Furthermore, the performance can be enhanced by supplementing the signal processing chain at the microcontroller level with various filtering, linearization and systematic error compensation operations.

Last but not least, the production cost of our device can result significantly lower than that of commercial devices (which range between USD 500 and USD 1000), considering that the sensitive element—the amorphous wire—costs approximately USD 1.5 per meter.

5.4. In-Field Deployment

To assess the behavior of the device in the natural environment, the dendrometer was tested in-field by attaching it to a tree of approximately 35 cm diameter, as shown in Figure 10.

The experiment was performed for a period of 27 days in August 2024. The dendrometer was attached to an apple tree in an orchard located in a temperate continental region in Iaşi, Romania. The chosen period was characterized by variations in temperature from a minimum of 14 °C during some nights to a maximum of 36 °C during some days. There was sporadic rain on some days. The precipitation volume was not recorded. The tree was placed in the area of a Wi-Fi router, so that the information was sent to the cloud sheet, just like in the laboratory testing.

Figure 11 shows the graph of trunk variation, d, measured with the proposed dendrometer over a period of 27 days, between August 1st and August 27th, 2024. This graph was plotted in order to qualitatively verify the functionality of the device, and not to evaluate the sensor’s resistance to various aggressive environmental factors, which may occur under adverse weather conditions or during the winter, nor to make any interpretation regarding the biological behavior of the tree during this period.

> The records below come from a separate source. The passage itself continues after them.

-- ===== src/Futures/Outbox/Progress.antt =====
-- ProcessOutbox ends: with nothing left to deliver, with its limit reached, or at a row that does not
-- deserialize.
use zhigu.Base.{
  ℕ, zero, suc, ◌+◌, ◌≤◌, ◌<◌, ◌≡◌, refl, ◌⊎◌, inl, inr, Bool, true, ◌&&◌, Option, none, some,
  String, eq_refl, eq_iff, sym, subst, false, err, Error, first-Elem, first-test, count, count_none,
  count-update-lt, update, first, first-some, Elem, least_lem, least-none, leb, leb→le,
  Result-cases, ok, arith, Bool-cases, Option-cases,
}
use zhigu.Futures.Store.{OutboxEvent, Payload, not_object, object, OutboxValue, Store}
use zhigu.Futures.Outbox.{
  outbox_backoff, is_pending, with_id, failure_row, record_outbox_failure, is_due, next_due,
  delivered_row, deliver, Outcome, done, failed_with, after_failure, round, process_loop,
  process_outbox, effective_limit,
}

pub outbox_backoff_pos : (n : ℕ) → 0 < outbox_backoff n
unfolding outbox_backoff
outbox_backoff_pos n = ground arith

pub deliver-outbox :
    (row : OutboxValue) (s : Store) {t : Store}
    → deliver row s ≡ ok t
    → t.outbox ≡ update (with_id row.id) (delivered_row row.attempts) s.outbox
unfolding deliver
deliver-outbox row s h = ground arith

pub record_outbox_failure-outbox :
    (id : String) (now : ℕ) (s : Store) {t : Store}
    → record_outbox_failure id now s ≡ ok t
    → (row : OutboxValue) × (first (λ v. with_id id v && is_pending v.state) s.outbox ≡ some row)
      × (t ≡ record s { outbox = update (with_id id) (failure_row row.attempts now) s.outbox })
unfolding record_outbox_failure
record_outbox_failure-outbox id now s h =
    elim (Option-cases (first (λ v. with_id id v && is_pending v.state) s.outbox)) [
      | inl e ↦ absurd (ground arith)
      | inr (row, e) ↦ (row, e, ground arith)
    ]

payload-cases : (p : Payload) → (p ≡ not_object) ⊎ ((e : Option OutboxEvent) × (p ≡ object e))
payload-cases not_object = inl refl
payload-cases (object e) = inr (e, refl)

-- A row that waits, is not locked, and whose payload does not deserialize.
pub record Unreadable (locked : String → Bool) (s : Store) (v : OutboxValue) : Type 0 where
  pub stored : Elem v s.outbox
  pub waits : is_pending v.state ≡ true
  pub unlocked : locked v.id ≡ false
  pub payload : v.payload ≡ not_object

-- A due row can be marked as failed, unless its payload does not deserialize.
record_outbox_failure-cases :
    (locked : String → Bool) (now : ℕ) (row : OutboxValue) (s : Store)
    → Elem row s.outbox
    → is_due locked now row ≡ true
    → ((t : Store) × (record_outbox_failure row.id now s ≡ ok t))
      ⊎ ((record_outbox_failure row.id now s ≡ err Error.unreadable)
          × (v : OutboxValue) × Unreadable locked s v)
unfolding record_outbox_failure
record_outbox_failure-cases locked now row s m due =
    let test = λ (v : OutboxValue). with_id row.id v && is_pending v.state in
    let (found, e) = first-some test row s.outbox m (ground (arith, eq_refl row.id)) in
    let chosen = first-test test s.outbox e in
    let own = (eq_iff found.id row.id).0 (ground arith) in
    let free : locked row.id ≡ false = ground arith in
    elim (payload-cases found.payload) [
      | inl bad ↦ inr (
        rw (e, bad, record_outbox_failure) refl,
        found,
        record {
          stored = first-Elem test s.outbox e;
          waits = ground arith;
          unlocked = subst (λ id. locked id ≡ false) (sym own) free;
          payload = bad;
        },
      )
      | inr (x, good) ↦ inl (
        record s { outbox = update (with_id row.id) (failure_row found.attempts now) s.outbox },
        rw (e, good, record_outbox_failure) refl,
      )
    ]

module _ (locked : String → Bool) (now : ℕ) where
  -- Either way the row that was taken is due no longer.
  deliver_fewer :
      (row : OutboxValue) (s : Store) {t : Store}
      → Elem row s.outbox
      → is_due locked now row ≡ true
      → deliver row s ≡ ok t
      → count (is_due locked now) t.outbox < count (is_due locked now) s.outbox
  deliver_fewer row s m due h = rw (deliver-outbox row s h) (
      count-update-lt (is_due locked now) (with_id row.id) (delivered_row row.attempts) row s.outbox
        m (eq_refl row.id) due (λ v. refl))

  failure_fewer :
      (row : OutboxValue) (s : Store) {t : Store}
      → Elem row s.outbox
      → is_due locked now row ≡ true
      → record_outbox_failure row.id now s ≡ ok t
      → count (is_due locked now) t.outbox < count (is_due locked now) s.outbox
  failure_fewer row s m due h =
      let (found, _, e) = record_outbox_failure-outbox row.id now s h in
      rw e (
        count-update-lt (is_due locked now) (with_id row.id) (failure_row found.attempts now) row
          s.outbox m (eq_refl row.id) due
          (λ v. ground (arith, outbox_backoff_pos (found.attempts + 1))))

  -- The loop ended well: no error, and the limit reached or nothing due.
  abbrev pub Drained : ℕ → Outcome → Type 0
  Drained limit o =
      (o.error ≡ none) × ((limit ≤ o.processed) ⊎ (count (is_due locked now) o.store.outbox ≡ 0))

  -- It ended at a row that does not deserialize.
  abbrev pub Stuck : Outcome → Type 0
  Stuck o = (o.error ≡ some Error.unreadable) × (v : OutboxValue) × Unreadable locked o.store v

  abbrev pub Ends : ℕ → Option Outcome → Type 0
  Ends limit r = (o : Outcome) × (r ≡ some o) × (Drained limit o ⊎ Stuck o)

  module _ (id_before : String → String → Bool) (limit : ℕ) where
    pub next_due_found :
        (s : Store) {row : OutboxValue}
        → next_due id_before (is_due locked now) s.outbox ≡ some row
        → Elem row s.outbox × (is_due locked now row ≡ true)
    next_due_found s h = let (m, due, _) = least_lem _ _ (is_due locked now) s.outbox h in (m, due)

    round-Ends_row :
        (continue : ℕ → Store → Option Outcome) (processed : ℕ) (s : Store) (row : OutboxValue)
        → Elem row s.outbox × (is_due locked now row ≡ true)
        → ((p : ℕ) (t : Store)
            → count (is_due locked now) t.outbox < count (is_due locked now) s.outbox
            → Ends limit (continue p t))
        → Ends limit (round continue (some row) now processed s)
    round-Ends_row continue processed s row (m, due) more = elim (Result-cases (deliver row s)) [
      | inl (t, h) ↦ rw (h, round) (more (processed + 1) t (deliver_fewer row s m due h))
      | inr (x, h) ↦ elim (record_outbox_failure-cases locked now row s m due) [
        | inl (t, k) ↦
            rw (h, k, round, after_failure) (more processed t (failure_fewer row s m due k))
        | inr (k, v, bad) ↦
            rw (h, k, round, after_failure)
              (failed_with processed Error.unreadable s, refl, inr (refl, v, bad))
      ]
    ]

    round-Ends :
        (continue : ℕ → Store → Option Outcome) (processed : ℕ) (s : Store)
        → ((p : ℕ) (t : Store)
            → count (is_due locked now) t.outbox < count (is_due locked now) s.outbox
            → Ends limit (continue p t))
        → Ends limit
            (round continue (next_due id_before (is_due locked now) s.outbox) now processed s)
    round-Ends continue processed s more =
        elim (Option-cases (next_due id_before (is_due locked now) s.outbox)) [
          | inl e ↦ rw e (
            done processed s,
            refl,
            inl (refl, inr (count_none (is_due locked now) s.outbox (least-none _ _ _ s.outbox e))),
          )
          | inr (row, e) ↦ rw e (round-Ends_row continue processed s row (next_due_found s e) more)
        ]

    -- Fuel above the number of due rows is enough.
    process_loop-Ends :
        (fuel processed : ℕ) (s : Store)
        → count (is_due locked now) s.outbox < fuel
        → Ends limit (process_loop fuel id_before locked now limit processed s)
    unfolding process_loop
    process_loop-Ends zero processed s h = elim h [ ]
    process_loop-Ends (suc fuel) processed s h = elim (Bool-cases (leb limit processed)) [
      | inl e ↦ rw (e, process_loop) (done processed s, refl, inl (refl, inl (leb→le _ _ e)))
      | inr e ↦
          rw (e, process_loop)
            (round-Ends (λ p t. process_loop fuel id_before locked now limit p t) processed s
              (λ p t fewer. process_loop-Ends fuel p t (omega arith)))
    ]

-- ProcessOutbox terminates: with fuel above the number of due rows it returns. Without an error it stops
-- only when the limit is reached or when no row is due. The one error of its own comes from a row that
-- waits, is not locked, and has a payload that is no JSON object.
pub process_outbox_ends :
    (fuel : ℕ) (id_before : String → String → Bool) (locked : String → Bool) (now limit : ℕ)
    (s : Store)
    → count (is_due locked now) s.outbox < fuel
    → (o : Outcome) × (process_outbox fuel id_before locked now limit s ≡ some o)
      × (((o.error ≡ none)
            × ((effective_limit limit ≤ o.processed)
                ⊎ (count (is_due locked now) o.store.outbox ≡ 0)))
          ⊎ ((o.error ≡ some Error.unreadable) × (v : OutboxValue) × Unreadable locked o.store v))
unfolding process_outbox
process_outbox_ends fuel id_before locked now limit s h =
    process_loop-Ends locked now id_before (effective_limit limit) fuel 0 s h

In Figure 12, the detail of 6 days from the 27 days of the recorded period is extracted, in which the trunk extensions and contractions due to the circadian cycle are traced, along with the temperature recording in the same period. The dendrometer was not previously calibrated for the diameter of the tree, so the values obtained are not accurate. It is observed from the figure that as expected, the tree trunk shrinks at high temperatures during the day because of the lower hydric status, whereas during the night the trunk recovers its dimension. From recordings over the whole period, slighter variations were observed during the rainy days. However, no conclusions can be drawn from Figure 11 and Figure 12 regarding the overall tree’s hydric status or health condition, as longer-term recordings are required for such assessments. In this regard, a project has been initiated in partnership with the University of Life Sciences in Iași, Romania, for long-term monitoring (over a period of at least one year), with interpretation of the results by specialists in horticulture from this university, and simultaneous evaluation of the dendrometer’s robustness and endurance.

The experiment was conducted just for observing the device behavior when working in the field, without dealing with the measurement accuracy.

6. Conclusions

This paper describes the principle of operation, construction and experimental results obtained from testing a device called a dendrometer, which is designed for measuring small variations in tree trunks. As its sensitive elements, the dendrometer employs magnetic amorphous wires which under the action of the stress impedance effect, converts with high sensitivity the small movements of a mobile element caused by the variations in the trunk diameter into axial stress, then into impedance variations and, finally, into an electrical signal proportional to the diameter variations. Under certain design and optimization conditions, satisfactory or superior metrological performances are obtained compared to dendrometers existing on the market, while having at the same time the advantage of better sensitivity and resolution, immunity to temperature variations, the possibility of measuring regardless of the shape of the trunk section and, last but not least, a low cost.

As for the next stages of development, ongoing research is being addressed to study the device’s long-term behavior in the laboratory and in-field, draw conclusions regarding the influence of time on its metrological properties and performance and collect more data to analyze and interpret using artificial intelligence.